• _Work instruction_
If a line in the entries below holds the string "where", copy it.

Extracted records:
Content starts

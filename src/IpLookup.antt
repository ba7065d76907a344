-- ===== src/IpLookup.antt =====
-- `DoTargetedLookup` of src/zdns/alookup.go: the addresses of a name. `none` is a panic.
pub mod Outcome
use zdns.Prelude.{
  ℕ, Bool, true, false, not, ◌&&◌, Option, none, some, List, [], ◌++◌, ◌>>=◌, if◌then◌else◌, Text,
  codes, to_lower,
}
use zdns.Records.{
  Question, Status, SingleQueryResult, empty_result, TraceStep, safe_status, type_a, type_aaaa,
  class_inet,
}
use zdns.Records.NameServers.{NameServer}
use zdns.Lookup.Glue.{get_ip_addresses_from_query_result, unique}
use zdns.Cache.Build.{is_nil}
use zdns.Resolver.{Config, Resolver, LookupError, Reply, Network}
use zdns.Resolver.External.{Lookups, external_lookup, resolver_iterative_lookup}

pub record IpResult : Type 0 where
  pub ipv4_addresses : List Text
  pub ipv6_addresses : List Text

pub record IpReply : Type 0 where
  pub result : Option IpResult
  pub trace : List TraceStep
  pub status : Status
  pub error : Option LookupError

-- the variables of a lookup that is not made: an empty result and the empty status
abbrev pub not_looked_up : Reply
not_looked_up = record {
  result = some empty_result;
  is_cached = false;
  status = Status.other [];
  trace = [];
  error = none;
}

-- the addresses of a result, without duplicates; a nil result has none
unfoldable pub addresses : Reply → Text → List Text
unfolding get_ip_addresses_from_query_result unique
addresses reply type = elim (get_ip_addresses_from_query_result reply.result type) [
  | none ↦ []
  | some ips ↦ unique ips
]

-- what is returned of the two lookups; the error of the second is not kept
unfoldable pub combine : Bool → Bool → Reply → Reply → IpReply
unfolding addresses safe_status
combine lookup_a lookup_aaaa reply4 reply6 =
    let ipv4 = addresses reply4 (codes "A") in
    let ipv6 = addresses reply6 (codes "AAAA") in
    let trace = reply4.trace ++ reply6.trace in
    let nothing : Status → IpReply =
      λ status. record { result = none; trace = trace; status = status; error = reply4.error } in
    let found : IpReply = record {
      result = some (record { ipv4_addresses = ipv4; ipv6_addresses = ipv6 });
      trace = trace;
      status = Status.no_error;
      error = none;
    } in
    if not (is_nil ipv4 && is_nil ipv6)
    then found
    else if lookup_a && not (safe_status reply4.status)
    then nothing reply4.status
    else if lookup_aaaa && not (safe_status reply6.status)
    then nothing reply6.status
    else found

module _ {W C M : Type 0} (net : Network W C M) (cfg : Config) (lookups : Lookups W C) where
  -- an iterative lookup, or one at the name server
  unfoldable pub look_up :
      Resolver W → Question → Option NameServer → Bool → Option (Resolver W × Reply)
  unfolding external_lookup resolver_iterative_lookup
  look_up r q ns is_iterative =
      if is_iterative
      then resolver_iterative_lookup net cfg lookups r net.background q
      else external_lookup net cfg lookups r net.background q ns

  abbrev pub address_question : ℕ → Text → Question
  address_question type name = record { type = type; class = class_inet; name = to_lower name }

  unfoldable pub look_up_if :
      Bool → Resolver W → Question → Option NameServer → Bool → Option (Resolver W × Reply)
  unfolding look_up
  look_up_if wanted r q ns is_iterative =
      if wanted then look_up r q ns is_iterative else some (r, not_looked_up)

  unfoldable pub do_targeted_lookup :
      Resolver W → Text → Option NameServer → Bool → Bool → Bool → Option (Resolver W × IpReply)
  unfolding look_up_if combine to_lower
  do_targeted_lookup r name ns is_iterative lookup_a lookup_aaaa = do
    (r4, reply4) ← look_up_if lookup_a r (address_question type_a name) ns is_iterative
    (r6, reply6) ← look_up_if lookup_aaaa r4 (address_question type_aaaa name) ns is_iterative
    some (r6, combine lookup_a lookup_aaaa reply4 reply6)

Content ends

• _Worked solution_
pub record IpResult : Type 0 where
pub record IpReply : Type 0 where
module _ {W C M : Type 0} (net : Network W C M) (cfg : Config) (lookups : Lookups W C) where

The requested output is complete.